In March, the University held its first ever Arts and Health Summit, which featured six industry professionals who presented about their careers combining arts and health in various ways. Panelists included a hand therapist, an alumna who now works as a travelling drama therapist, the founder of a company that provides wearable technology for healthcare simulation education, the CEO of Hearts Need Arts—creative support for patients and caregivers, and the chair of music at Brenau University who teaches a similar course on arts in health care. 

“We wanted to host these seminars to inspire those working in or who hope to work in the leading industries of the Nashville area – Arts and Health – to collaborate with one another. We hope the panels offered unique perspectives for our students on new ways to utilize their talents and strengths while engaging their passions,” Duncan explained. “We want to be sure we are educating our students as fully as possible in the many, many ways that what they are studying here is going to impact their lives and other people’s lives when they graduate.” 

panel on stage
Left to right: Amy Cowperthwait, Richard Wilmore, Barbara Steinhaus, Sarah Edwards, Noelle M Austin and Dr. Jane Duncan speaking at Belmont’s inaugural Arts & Health Summit

Summit attendees were also invited to have lunch to continue discussing ways in which those in these industries can continue amplifying holistic approaches to health. “We know the great work our music therapists are doing. We know the creation of the healthcare theater class was great. What else can we pursue?” said Duncan. “What kind of God-sized dreams could we have about this?” 

Looking Forward 

Maddox hopes Belmont will soon have an entire program devoted to students who want to go into art and health related careers, devoting curriculum to training those in the arts to support training of health care providers and beyond. Studying the arts can be about producing entertainment, but it can also lead to really purposeful, meaningful experiences like simulation opportunities. 

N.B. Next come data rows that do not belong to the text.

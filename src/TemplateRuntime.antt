-- ===== src/TemplateRuntime.antt =====
-- tuxedo-template-runtime/src/lib.rs: the aggregate verifier and the aggregate constraint checker,
-- with what `#[tuxedo_verifier]` and `#[tuxedo_constraint_checker]` of
-- tuxedo-core/aggregator/src/lib.rs generate for them.
pub mod Confinement
pub mod Genesis
mod Tests
use tuxedo.Base.{ℕ, Bytes, Bool, true, false, List, Option, none, some, Outcome, ok, map_err, ◌>>=◌}
use tuxedo.Codec.{Codec}
use tuxedo.Host.{StorageApi, Crypto}
use tuxedo.DynamicTyping.{DynamicallyTypedData}
use tuxedo.Verifier.{Verifier, UpForGrabs, verify_up_for_grabs}
use tuxedo.Verifier.SimpleSignature.{Sr25519Signature, verify_sr25519}
use tuxedo.Verifier.MultiSignature.{ThresholdMultiSignature, SignatureAndIndex, verify_multi}
use tuxedo.Money.{MoneyConstraintChecker, MoneyError, Coin, check_money}
use tuxedo.Kitties.{FreeKittyConstraintChecker, KittyError, KittyData, check_free_kitty}
use tuxedo.Amoeba.{AmoebaError, AmoebaDetails, check_mitosis, check_death, check_creation}
use tuxedo.Poe.{PoeError, ClaimData, check_claim, check_revoke, check_dispute}
use tuxedo.Timestamp.{
  Timestamp, TimestampError, TimestampConfig, SetTimestamp, default_config, check_set_timestamp,
}
use tuxedo.RuntimeUpgrade.{RuntimeRef, RuntimeUpgrade, UpgradeError, check_upgrade}
use tuxedo.Inherents.{InherentAdapter}

pub data OuterVerifier : Type 0 where
  sr25519_signature : Sr25519Signature → OuterVerifier
  up_for_grabs : UpForGrabs → OuterVerifier
  threshold_multi_signature : ThresholdMultiSignature → OuterVerifier

-- The generated redeemer type, and its `as_..` methods.
pub data OuterVerifierRedeemer : Type 0 where
  signature : Bytes → OuterVerifierRedeemer
  nothing : Unit {0} → OuterVerifierRedeemer
  signatures : List SignatureAndIndex → OuterVerifierRedeemer

unfoldable pub as_sr25519_signature : OuterVerifierRedeemer → Option Bytes
as_sr25519_signature (OuterVerifierRedeemer.signature inner) = some inner
as_sr25519_signature (OuterVerifierRedeemer.nothing inner) = none
as_sr25519_signature (OuterVerifierRedeemer.signatures inner) = none

unfoldable pub as_up_for_grabs : OuterVerifierRedeemer → Option (Unit {0})
as_up_for_grabs (OuterVerifierRedeemer.signature inner) = none
as_up_for_grabs (OuterVerifierRedeemer.nothing inner) = some inner
as_up_for_grabs (OuterVerifierRedeemer.signatures inner) = none

unfoldable pub as_threshold_multi_signature :
    OuterVerifierRedeemer → Option (List SignatureAndIndex)
as_threshold_multi_signature (OuterVerifierRedeemer.signature inner) = none
as_threshold_multi_signature (OuterVerifierRedeemer.nothing inner) = none
as_threshold_multi_signature (OuterVerifierRedeemer.signatures inner) = some inner

-- `redeemer.as_..().expect(..)`, where a panic is `none`.
abbrev pub with_redeemer : {R : Type 0} → Option R → (R → Option Bool) → Option Bool
with_redeemer none verify = none
with_redeemer (some r) verify = verify r

-- `Verifier for OuterVerifier`: `verify` and `new_unspendable`, which is that of the first variant.
unfoldable pub verify_outer :
    Crypto → OuterVerifier → Bytes → ℕ → OuterVerifierRedeemer → Option Bool
verify_outer crypto (OuterVerifier.sr25519_signature inner) simplified_tx block_number redeemer =
    with_redeemer (as_sr25519_signature redeemer)
      (verify_sr25519 crypto inner simplified_tx block_number)
verify_outer crypto (OuterVerifier.up_for_grabs inner) simplified_tx block_number redeemer =
    with_redeemer (as_up_for_grabs redeemer) (verify_up_for_grabs inner simplified_tx block_number)
verify_outer crypto (OuterVerifier.threshold_multi_signature inner) simplified_tx block_number
      redeemer =
    with_redeemer (as_threshold_multi_signature redeemer)
      (verify_multi crypto inner simplified_tx block_number)

abbrev pub unspendable_outer : Option OuterVerifier
unspendable_outer = some (OuterVerifier.sr25519_signature (record { owner_pubkey = 0 }))

abbrev pub outer_verifier :
    Crypto → Codec OuterVerifierRedeemer → Verifier OuterVerifier OuterVerifierRedeemer
outer_verifier crypto redeemers = record {
  verify = verify_outer crypto;
  new_unspendable = unspendable_outer;
  redeemer_codec = redeemers;
}

pub data OuterConstraintChecker : Type 0 where
  money : MoneyConstraintChecker → OuterConstraintChecker
  free_kitty : FreeKittyConstraintChecker → OuterConstraintChecker
  amoeba_mitosis amoeba_death amoeba_creation : OuterConstraintChecker
  poe_claim poe_revoke poe_dispute : OuterConstraintChecker
  set_timestamp : InherentAdapter SetTimestamp → OuterConstraintChecker
  runtime_upgrade : RuntimeUpgrade → OuterConstraintChecker

-- The generated error type.
pub data OuterConstraintCheckerError : Type 0 where
  money_error : MoneyError → OuterConstraintCheckerError
  kitty_error : KittyError → OuterConstraintCheckerError
  amoeba_error : AmoebaError → OuterConstraintCheckerError
  poe_error : PoeError → OuterConstraintCheckerError
  timestamp_error : TimestampError → OuterConstraintCheckerError
  upgrade_error : UpgradeError → OuterConstraintCheckerError

-- What the pieces are built over: the host, the codecs, and `Executive::block_height`.
pub record Pieces (S : Type 0) : Type 0 where
  pub storage : StorageApi S
  pub blake2_256 : Bytes → ℕ
  pub encode_parents : ℕ → ℕ → ℕ → ℕ → Bytes
  pub block_height : S → ℕ
  pub coins : Codec Coin
  pub kitties : Codec KittyData
  pub amoebas : Codec AmoebaDetails
  pub claims : Codec ClaimData
  pub timestamps : Codec Timestamp
  pub runtime_refs : Codec RuntimeRef

-- A check that leaves the storage alone.
abbrev pub reading :
    {S E : Type 0}
    → (E → OuterConstraintCheckerError)
    → S
    → Outcome E ℕ
    → Outcome OuterConstraintCheckerError (ℕ × S)
reading error s checked = map_err error checked >>= λ priority. ok (priority, s)

module _ {S : Type 0} (pieces : Pieces S) where
  -- `OuterConstraintChecker::check`, with the storage that it leaves: an upgrade writes to it.
  unfoldable pub check_outer :
      S
      → OuterConstraintChecker
      → (inputs evicted_inputs peeks outputs : List DynamicallyTypedData)
      → Outcome OuterConstraintCheckerError (ℕ × S)
  check_outer s (OuterConstraintChecker.money inner) inputs evicted_inputs peeks outputs =
      reading OuterConstraintCheckerError.money_error s
        (check_money pieces.coins 0 inner inputs evicted_inputs peeks outputs)
  check_outer s (OuterConstraintChecker.free_kitty inner) inputs evicted_inputs peeks outputs =
      reading OuterConstraintCheckerError.kitty_error s (
        check_free_kitty pieces.blake2_256 pieces.encode_parents pieces.kitties inputs
          evicted_inputs peeks outputs)
  check_outer s OuterConstraintChecker.amoeba_mitosis inputs evicted_inputs peeks outputs =
      reading OuterConstraintCheckerError.amoeba_error s
        (check_mitosis pieces.amoebas inputs evicted_inputs peeks outputs)
  check_outer s OuterConstraintChecker.amoeba_death inputs evicted_inputs peeks outputs =
      reading OuterConstraintCheckerError.amoeba_error s
        (check_death pieces.amoebas inputs evicted_inputs peeks outputs)
  check_outer s OuterConstraintChecker.amoeba_creation inputs evicted_inputs peeks outputs =
      reading OuterConstraintCheckerError.amoeba_error s
        (check_creation pieces.amoebas inputs evicted_inputs peeks outputs)
  check_outer s OuterConstraintChecker.poe_claim inputs evicted_inputs peeks outputs =
      reading OuterConstraintCheckerError.poe_error s
        (check_claim pieces.claims (pieces.block_height s) inputs evicted_inputs peeks outputs)
  check_outer s OuterConstraintChecker.poe_revoke inputs evicted_inputs peeks outputs =
      reading OuterConstraintCheckerError.poe_error s
        (check_revoke pieces.claims inputs evicted_inputs peeks outputs)
  check_outer s OuterConstraintChecker.poe_dispute inputs evicted_inputs peeks outputs =
      reading OuterConstraintCheckerError.poe_error s
        (check_dispute pieces.claims inputs evicted_inputs peeks outputs)
  check_outer s (OuterConstraintChecker.set_timestamp adapter) inputs evicted_inputs peeks outputs =
      reading OuterConstraintCheckerError.timestamp_error s (
        check_set_timestamp (default_config pieces.block_height) pieces.timestamps s inputs
          evicted_inputs peeks outputs)
  check_outer s (OuterConstraintChecker.runtime_upgrade inner) inputs evicted_inputs peeks outputs =
      map_err OuterConstraintCheckerError.upgrade_error (
        check_upgrade pieces.storage pieces.blake2_256 pieces.runtime_refs s inner inputs
          evicted_inputs peeks outputs)

-- `OuterConstraintChecker::is_inherent`
unfoldable pub is_inherent_outer : OuterConstraintChecker → Bool
is_inherent_outer (OuterConstraintChecker.set_timestamp adapter) = true
is_inherent_outer (OuterConstraintChecker.money inner) = false
is_inherent_outer (OuterConstraintChecker.free_kitty inner) = false
is_inherent_outer OuterConstraintChecker.amoeba_mitosis = false
is_inherent_outer OuterConstraintChecker.amoeba_death = false
is_inherent_outer OuterConstraintChecker.amoeba_creation = false
is_inherent_outer OuterConstraintChecker.poe_claim = false
is_inherent_outer OuterConstraintChecker.poe_revoke = false
is_inherent_outer OuterConstraintChecker.poe_dispute = false
is_inherent_outer (OuterConstraintChecker.runtime_upgrade inner) = false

“We are seeing more and more research that integrating arts with health care and health services is starting to become the norm because it’s a therapeutic approach to the healing process of patients,” Maddox said. “We are excited about next steps and certainly want to maintain the momentum in our interdisciplinary approach as we develop new programs that would build on that idea.”  

Duncan added, “Because Belmont is Belmont and we have outstanding programs in the arts and in health sciences, and because we are in ‘Music City’ where the number one industry happens to be health care, it makes really good sense to us,” Duncan explained. “We have had folks from all across campus come together to spark conversations and we are now looking at what’s possible for our next steps. I feel very excited about the conversations we are having.”